Our results show that the phyllosphere bacterial community composition is driven by host traits, which is lower than that in neotropical forest [18]. In tropical forests, it is correlated with traits linked to plant resource uptake strategies [18, 72] and growth-mortality trade-off [81]. Similar correlations have been reported in temperate forests [17]. Our phyllosphere bacterial community structure is also linked to traits related to plant resource uptake strategy such as leaf N concentration and SLA (Fig. 3a) and defensive traits such as Phe concentration (Fig. 3b). Taken together, these results suggest that phyllosphere bacterial communities are shaped by the functional strategies of their plant hosts in that the factors driving the plant–microbe associations in the phyllosphere are similar across temperate, subtropical and tropical forests. Among them, the traits linked to plant resource uptake strategies are the most important traits that influence phyllosphere bacterial community structure in temperate, subtropical and tropical forests [17, 18].

We observed that phyllosphere fungal community structure is related to plant growth-mortality trade-off strategy (e.g., DBH, height, MR), and, like our bacterial communities, to plant resource uptake strategy (e.g., C, N, Ca) (Fig. 3c), as our bacterial communities.
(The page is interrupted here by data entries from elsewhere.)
-- ===== src/SubscriberQueue.antt =====
-- include/nexusd/core/subscriber_queue.hpp, class SubscriberQueue: the message queue of one
-- subscriber. Each function is what one thread does while it holds `mutex_`, so `enqueue` under the
-- policy BLOCK is two steps: `enter` up to `cv_.wait_for`, which releases the mutex, and `wake` from
-- its return on. `enqueue` reads `closed_` and the clock just before it takes the mutex; that is part
-- of its step. The clock is an argument, in ticks of a nanosecond.
pub mod Valid
pub mod Schedule
pub mod Fifo
pub mod Expiry
pub mod Results
use nexus_d_pub_sub.Prelude.{
  ℕ, ◌+◌, ◌-◌, ◌^◌, Bool, true, false, not, ◌&&◌, ◌||◌, List, [], ◌∷◌, ◌++◌, Option, none, some,
  length, ltb, leb, if◌then◌else◌, inc64, milliseconds,
}
use nexus_d_pub_sub.Prelude.Int.{ℤ, pos, pos_part, ltb_ℤ}

pub data BackpressurePolicy : Type 0 where
  drop_oldest drop_newest block : BackpressurePolicy

pub data EnqueueResult : Type 0 where
  enqueued dropped_oldest dropped_newest dropped_ttl dropped_disconnected blocked : EnqueueResult

pub record QueueStats : Type 0 where
  pub current_depth : ℕ
  pub limit : ℕ
  pub total_enqueued : ℕ
  pub total_delivered : ℕ
  pub dropped_oldest : ℕ
  pub dropped_newest : ℕ
  pub dropped_ttl : ℕ
  pub block_timeouts : ℕ
  pub high_watermark : ℕ

abbrev pub no_stats : QueueStats
no_stats = record {
  current_depth = 0;
  limit = 0;
  total_enqueued = 0;
  total_delivered = 0;
  dropped_oldest = 0;
  dropped_newest = 0;
  dropped_ttl = 0;
  block_timeouts = 0;
  high_watermark = 0;
}

pub record QueuedMessage {ℓ} (A : Type ℓ) : Type ℓ where
  pub message : A
  pub expiry_time : ℕ
  pub enqueue_time : ℕ

pub record SubscriberQueue {ℓ} (A : Type ℓ) : Type ℓ where
  pub limit : ℕ
  pub policy : BackpressurePolicy
  pub block_timeout_ms : ℤ
  pub default_ttl_ms : ℤ
  pub messages : List (QueuedMessage A)
  pub closed : Bool
  pub stats : QueueStats

-- `steady_clock::time_point::max()`.
abbrev pub time_max : ℕ
time_max = 2 ^ 63 - 1

-- `message_ttl_ms > 0 ? message_ttl_ms : default_ttl_ms_`
unfoldable pub effective_ttl : ℤ → ℤ → ℤ
effective_ttl message_ttl default_ttl =
    if ltb_ℤ (pos 0) message_ttl then message_ttl else default_ttl

-- The expiry time of a message. The sum has no bound here: in the source it is `int64_t`
-- nanoseconds, which overflow, undefined, for a TTL of more than about 290 years.
unfoldable pub expiry : ℕ → ℤ → ℕ
expiry now ttl = if ltb_ℤ (pos 0) ttl then now + milliseconds (pos_part ttl) else time_max

-- How far a call of `enqueue` gets in one step.
pub data Entered {ℓ} (A : Type ℓ) : Type ℓ where
  returned : EnqueueResult → SubscriberQueue A → Entered A
  waiting : QueuedMessage A → Entered A

module _ {ℓ} {A : Type ℓ} where
  -- The constructor.
  unfoldable pub init : ℕ → BackpressurePolicy → ℤ → ℤ → SubscriberQueue A
  init limit policy block_timeout_ms default_ttl_ms = record {
    limit = limit;
    policy = policy;
    block_timeout_ms = block_timeout_ms;
    default_ttl_ms = default_ttl_ms;
    messages = [];
    closed = false;
    stats = no_stats;
  }

  unfoldable pub wrap : ℕ → A → ℤ → SubscriberQueue A → QueuedMessage A
  unfolding effective_ttl expiry
  wrap now msg message_ttl q = record {
    message = msg;
    expiry_time = expiry now (effective_ttl message_ttl q.default_ttl_ms);
    enqueue_time = now;
  }

  unfoldable pub is_full : SubscriberQueue A → Bool
  is_full q = ltb 0 q.limit && leb q.limit (length q.messages)

  -- `if (!messages_.empty()) { messages_.pop_front(); stats_.dropped_oldest++; }`
  unfoldable pub drop_front : List (QueuedMessage A) → SubscriberQueue A → SubscriberQueue A
  drop_front [] q = q
  drop_front (m ∷ rest) q = record q {
    messages = rest;
    stats = let s = q.stats in record s { dropped_oldest = inc64 s.dropped_oldest };
  }

  -- From `messages_.push_back` to the end of `enqueue`.
  unfoldable pub push_back : QueuedMessage A → SubscriberQueue A → SubscriberQueue A
  push_back m q =
      let s = q.stats in
      let depth = length (q.messages ++ m ∷ []) in
      record q {
        messages = q.messages ++ m ∷ [];
        stats = record s {
          total_enqueued = inc64 s.total_enqueued;
          high_watermark = if ltb s.high_watermark depth then depth else s.high_watermark;
        };
      }

  -- The `switch` on the policy, for a full queue.
  unfoldable pub enter_full : QueuedMessage A → SubscriberQueue A → BackpressurePolicy → Entered A
  unfolding drop_front push_back
  enter_full m q drop_oldest = returned enqueued (push_back m (drop_front q.messages q))
  enter_full m q drop_newest =
      let s = q.stats in
      returned EnqueueResult.dropped_newest
        (record q { stats = record s { dropped_newest = inc64 s.dropped_newest } })
  enter_full m q block = waiting m

  -- `enqueue` up to its return or to `wait_for`.
  unfoldable pub enter : ℕ → A → ℤ → SubscriberQueue A → Entered A
  unfolding wrap is_full enter_full
  enter now msg message_ttl q =
      let m = wrap now msg message_ttl q in
      if q.closed
      then returned dropped_disconnected q
      else if is_full q
      then enter_full m q q.policy
      else returned enqueued (push_back m q)

  -- `enqueue` from the return of `wait_for` on: its value is that of its predicate then, also on a
  -- timeout. The call returns ENQUEUED.
  unfoldable pub wake : QueuedMessage A → SubscriberQueue A → SubscriberQueue A
  unfolding drop_front push_back
  wake m q =
      let got_space = q.closed || ltb (length q.messages) q.limit in
      let s = q.stats in
      let late = record q { stats = record s { block_timeouts = inc64 s.block_timeouts } } in
      push_back m (if not got_space || q.closed then drop_front q.messages late else q)

  -- The loop of `reapExpired`, with its two counters. The loop of `dequeue` is the same without
  -- the local one.
  unfoldable pub skip_expired : ℕ → List (QueuedMessage A) → ℕ → ℕ → List (QueuedMessage A) × ℕ × ℕ
  skip_expired now [] expired dropped = ([], expired, dropped)
  skip_expired now (m ∷ ms) expired dropped =
      let rest = skip_expired now ms (inc64 expired) (inc64 dropped) in
      if leb m.expiry_time now then rest else (m ∷ ms, expired, dropped)

  -- `dequeue` after its loop.
  unfoldable pub take_front :
      List (QueuedMessage A) → SubscriberQueue A → SubscriberQueue A × Option A
  take_front [] q = (record q { messages = [] }, none)
  take_front (m ∷ rest) q =
      let s = q.stats in
      (
        record q {
          messages = rest;
          stats = record s { total_delivered = inc64 s.total_delivered };
        },
        some m.message,
      )

  unfoldable pub dequeue : ℕ → SubscriberQueue A → SubscriberQueue A × Option A
  unfolding skip_expired take_front
  dequeue now q =
      let s = q.stats in
      let (live, _, dropped) = skip_expired now q.messages 0 s.dropped_ttl in
      take_front live (record q { stats = record s { dropped_ttl = dropped } })

  unfoldable pub reap_expired : ℕ → SubscriberQueue A → SubscriberQueue A × ℕ
  unfolding skip_expired
  reap_expired now q =
      let s = q.stats in
      let (live, expired, dropped) = skip_expired now q.messages 0 s.dropped_ttl in
      (record q { messages = live; stats = record s { dropped_ttl = dropped } }, expired)

  unfoldable pub get_stats : SubscriberQueue A → QueueStats
  get_stats q = let s = q.stats in record s { current_depth = length q.messages; limit = q.limit }

  unfoldable pub is_empty : SubscriberQueue A → Bool
  is_empty q = elim q.messages [ [] ↦ true | m ∷ ms ↦ false ]

  -- `close`; it is also what the destructor does.
  unfoldable pub close : SubscriberQueue A → SubscriberQueue A
  close q = record q { closed = true }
Whether the former relation also applies to other types of forests needs further studies.

Our data indicate that leaf Ca concentration is the most important factor among the traits and it is significantly negatively related to bacterial Shannon and Pielou indices (Fig. 4a, b). This may be attributed to that Ca is one of the components of cell walls that play an important role in blocking bacteria. Thus, host species with higher leaf Ca concentration would have lower phyllosphere bacterial Pielou and Shannon indices, which has been observed in tropical tree species [18]. We found that variation in fungal community composition was largely explained by host species identity while IV is the most powerful explanatory variable among the traits in explaining fungal Shannon and Pielou indices, but height and DBH are not significantly correlated to these indices. These findings indicate that, relative to bacteria, variations in community composition and diversity of phyllosphere fungi are more host species-specific.

Conclusions

In this study, we demonstrate, for the first time, the natural subtropical tree phyllosphere bacterial and fungal communities across diverse tree species. Furthermore, we explored the roles of host species identity, host traits and seasonality on phyllosphere microbial community structure and diversity. Our key findings include: (1) phyllosphere of subtropical tree species share a “core microbiome”; (2) host species identity is a stronger driver of subtropical tree phyllosphere microbial communities than seasonality; (3) there is a strong clustering of the phyllosphere assemblage amongst trees by seasonality, and the seasonality effects are more on bacterial than fungal community assembly; and (4) there are significant evolutionary associations between host species and phyllosphere microbiome. Our findings suggest that subtropical tree phyllosphere bacterial and fungal communities vary with host species identity, traits and seasonality. The strong relationship between host plant importance in plant community and the phyllosphere fungal communities highlights the necessity of integrative studies towards incorporating host plant community assembly with phyllosphere microbial community assembly. Moreover, our results, together with the information on plant–microbe associations in the phyllosphere of tropical and temperate forests, can advance our understanding of the patterns and drivers of phyllosphere microbial community assembly in natural zonal forests at a global scale. It is also of interest to understand whether a phyllosphere core microbiome is shared by different types of forests and how they will vary under the scenarios of global change.